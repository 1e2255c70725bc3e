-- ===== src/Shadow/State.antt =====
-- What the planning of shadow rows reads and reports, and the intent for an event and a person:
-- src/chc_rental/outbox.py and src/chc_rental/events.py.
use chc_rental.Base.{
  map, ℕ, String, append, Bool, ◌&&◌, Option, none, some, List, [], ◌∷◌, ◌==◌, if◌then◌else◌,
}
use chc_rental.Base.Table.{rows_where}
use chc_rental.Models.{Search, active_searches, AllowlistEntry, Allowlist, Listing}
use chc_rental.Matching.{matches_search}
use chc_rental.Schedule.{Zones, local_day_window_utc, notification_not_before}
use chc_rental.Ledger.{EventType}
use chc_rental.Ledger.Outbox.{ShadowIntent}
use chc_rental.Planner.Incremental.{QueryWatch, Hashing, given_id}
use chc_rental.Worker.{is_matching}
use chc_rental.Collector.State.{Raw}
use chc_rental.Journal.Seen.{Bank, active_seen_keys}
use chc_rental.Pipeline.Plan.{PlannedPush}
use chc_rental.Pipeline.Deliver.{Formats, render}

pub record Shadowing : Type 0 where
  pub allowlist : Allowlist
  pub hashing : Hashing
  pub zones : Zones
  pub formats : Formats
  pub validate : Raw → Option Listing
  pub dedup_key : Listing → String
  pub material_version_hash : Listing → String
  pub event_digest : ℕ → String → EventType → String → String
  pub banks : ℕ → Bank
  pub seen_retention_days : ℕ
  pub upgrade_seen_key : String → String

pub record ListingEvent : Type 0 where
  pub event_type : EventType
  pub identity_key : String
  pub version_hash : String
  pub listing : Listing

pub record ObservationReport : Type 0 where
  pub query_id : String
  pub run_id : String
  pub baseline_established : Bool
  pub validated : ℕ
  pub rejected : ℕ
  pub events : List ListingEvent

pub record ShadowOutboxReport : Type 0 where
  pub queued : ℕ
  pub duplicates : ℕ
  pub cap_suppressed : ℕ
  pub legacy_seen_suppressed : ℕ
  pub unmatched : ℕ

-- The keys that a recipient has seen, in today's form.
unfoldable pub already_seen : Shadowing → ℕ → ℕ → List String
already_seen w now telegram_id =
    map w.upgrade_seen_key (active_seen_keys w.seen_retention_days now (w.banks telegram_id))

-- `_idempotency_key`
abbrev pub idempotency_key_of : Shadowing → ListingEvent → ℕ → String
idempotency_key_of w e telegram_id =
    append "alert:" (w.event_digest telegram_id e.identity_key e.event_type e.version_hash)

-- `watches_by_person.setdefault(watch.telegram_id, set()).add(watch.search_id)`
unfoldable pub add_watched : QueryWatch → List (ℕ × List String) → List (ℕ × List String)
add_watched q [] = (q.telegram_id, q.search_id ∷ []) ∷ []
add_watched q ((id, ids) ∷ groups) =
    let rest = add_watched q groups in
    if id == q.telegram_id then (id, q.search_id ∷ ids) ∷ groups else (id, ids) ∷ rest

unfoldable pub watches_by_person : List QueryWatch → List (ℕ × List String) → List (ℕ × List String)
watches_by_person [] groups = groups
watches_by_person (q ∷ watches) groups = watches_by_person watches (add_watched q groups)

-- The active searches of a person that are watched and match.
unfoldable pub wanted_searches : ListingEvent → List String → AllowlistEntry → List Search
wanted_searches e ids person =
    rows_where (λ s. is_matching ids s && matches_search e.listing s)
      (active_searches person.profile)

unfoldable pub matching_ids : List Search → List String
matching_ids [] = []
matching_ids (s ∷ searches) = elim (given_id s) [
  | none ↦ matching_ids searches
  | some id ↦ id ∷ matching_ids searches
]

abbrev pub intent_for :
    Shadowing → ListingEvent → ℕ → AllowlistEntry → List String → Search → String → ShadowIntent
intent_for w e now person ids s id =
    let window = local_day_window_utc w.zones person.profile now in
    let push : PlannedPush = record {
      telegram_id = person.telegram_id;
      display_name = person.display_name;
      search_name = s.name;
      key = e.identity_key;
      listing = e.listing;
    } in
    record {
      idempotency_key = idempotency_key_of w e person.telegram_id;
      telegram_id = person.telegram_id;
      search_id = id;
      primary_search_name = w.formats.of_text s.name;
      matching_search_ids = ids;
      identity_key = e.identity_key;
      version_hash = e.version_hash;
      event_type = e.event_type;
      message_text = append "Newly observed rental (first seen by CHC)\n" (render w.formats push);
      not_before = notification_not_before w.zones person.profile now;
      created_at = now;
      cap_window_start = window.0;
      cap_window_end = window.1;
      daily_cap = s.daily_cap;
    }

TASK OBJECTIVE ▸
Once more, write all of the records exactly as given.

COMPLETED TASK ▸
repository 1e2255c70725bc3e
-- ===== src/Shadow/State.antt =====
-- What the planning of shadow rows reads and reports, and the intent for an event and a person:
-- src/chc_rental/outbox.py and src/chc_rental/events.py.
use chc_rental.Base.{
  map, ℕ, String, append, Bool, ◌&&◌, Option, none, some, List, [], ◌∷◌, ◌==◌, if◌then◌else◌,
}
use chc_rental.Base.Table.{rows_where}
use chc_rental.Models.{Search, active_searches, AllowlistEntry, Allowlist, Listing}
use chc_rental.Matching.{matches_search}
use chc_rental.Schedule.{Zones, local_day_window_utc, notification_not_before}
use chc_rental.Ledger.{EventType}
use chc_rental.Ledger.Outbox.{ShadowIntent}
use chc_rental.Planner.Incremental.{QueryWatch, Hashing, given_id}
use chc_rental.Worker.{is_matching}
use chc_rental.Collector.State.{Raw}
use chc_rental.Journal.Seen.{Bank, active_seen_keys}
use chc_rental.Pipeline.Plan.{PlannedPush}
use chc_rental.Pipeline.Deliver.{Formats, render}

pub record Shadowing : Type 0 where
  pub allowlist : Allowlist
  pub hashing : Hashing
  pub zones : Zones
  pub formats : Formats
  pub validate : Raw → Option Listing
  pub dedup_key : Listing → String
  pub material_version_hash : Listing → String
  pub event_digest : ℕ → String → EventType → String → String
  pub banks : ℕ → Bank
  pub seen_retention_days : ℕ
  pub upgrade_seen_key : String → String

pub record ListingEvent : Type 0 where
  pub event_type : EventType
  pub identity_key : String
  pub version_hash : String
  pub listing : Listing

pub record ObservationReport : Type 0 where
  pub query_id : String
  pub run_id : String
  pub baseline_established : Bool
  pub validated : ℕ
  pub rejected : ℕ
  pub events : List ListingEvent

pub record ShadowOutboxReport : Type 0 where
  pub queued : ℕ
  pub duplicates : ℕ
  pub cap_suppressed : ℕ
  pub legacy_seen_suppressed : ℕ
  pub unmatched : ℕ

-- The keys that a recipient has seen, in today's form.
unfoldable pub already_seen : Shadowing → ℕ → ℕ → List String
already_seen w now telegram_id =
    map w.upgrade_seen_key (active_seen_keys w.seen_retention_days now (w.banks telegram_id))

-- `_idempotency_key`
abbrev pub idempotency_key_of : Shadowing → ListingEvent → ℕ → String
idempotency_key_of w e telegram_id =
    append "alert:" (w.event_digest telegram_id e.identity_key e.event_type e.version_hash)

-- `watches_by_person.setdefault(watch.telegram_id, set()).add(watch.search_id)`
unfoldable pub add_watched : QueryWatch → List (ℕ × List String) → List (ℕ × List String)
add_watched q [] = (q.telegram_id, q.search_id ∷ []) ∷ []
add_watched q ((id, ids) ∷ groups) =
    let rest = add_watched q groups in
    if id == q.telegram_id then (id, q.search_id ∷ ids) ∷ groups else (id, ids) ∷ rest

unfoldable pub watches_by_person : List QueryWatch → List (ℕ × List String) → List (ℕ × List String)
watches_by_person [] groups = groups
watches_by_person (q ∷ watches) groups = watches_by_person watches (add_watched q groups)

-- The active searches of a person that are watched and match.
unfoldable pub wanted_searches : ListingEvent → List String → AllowlistEntry → List Search
wanted_searches e ids person =
    rows_where (λ s. is_matching ids s && matches_search e.listing s)
      (active_searches person.profile)

unfoldable pub matching_ids : List Search → List String
matching_ids [] = []
matching_ids (s ∷ searches) = elim (given_id s) [
  | none ↦ matching_ids searches
  | some id ↦ id ∷ matching_ids searches
]

abbrev pub intent_for :
    Shadowing → ListingEvent → ℕ → AllowlistEntry → List String → Search → String → ShadowIntent
intent_for w e now person ids s id =
    let window = local_day_window_utc w.zones person.profile now in
    let push : PlannedPush = record {
      telegram_id = person.telegram_id;
      display_name = person.display_name;
      search_name = s.name;
      key = e.identity_key;
      listing = e.listing;
    } in
    record {
      idempotency_key = idempotency_key_of w e person.telegram_id;
      telegram_id = person.telegram_id;
      search_id = id;
      primary_search_name = w.formats.of_text s.name;
      matching_search_ids = ids;
      identity_key = e.identity_key;
      version_hash = e.version_hash;
      event_type = e.event_type;
      message_text = append "Newly observed rental (first seen by CHC)\n" (render w.formats push);
      not_before = notification_not_before w.zones person.profile now;
      created_at = now;
      cap_window_start = window.0;
      cap_window_end = window.1;
      daily_cap = s.daily_cap;
    }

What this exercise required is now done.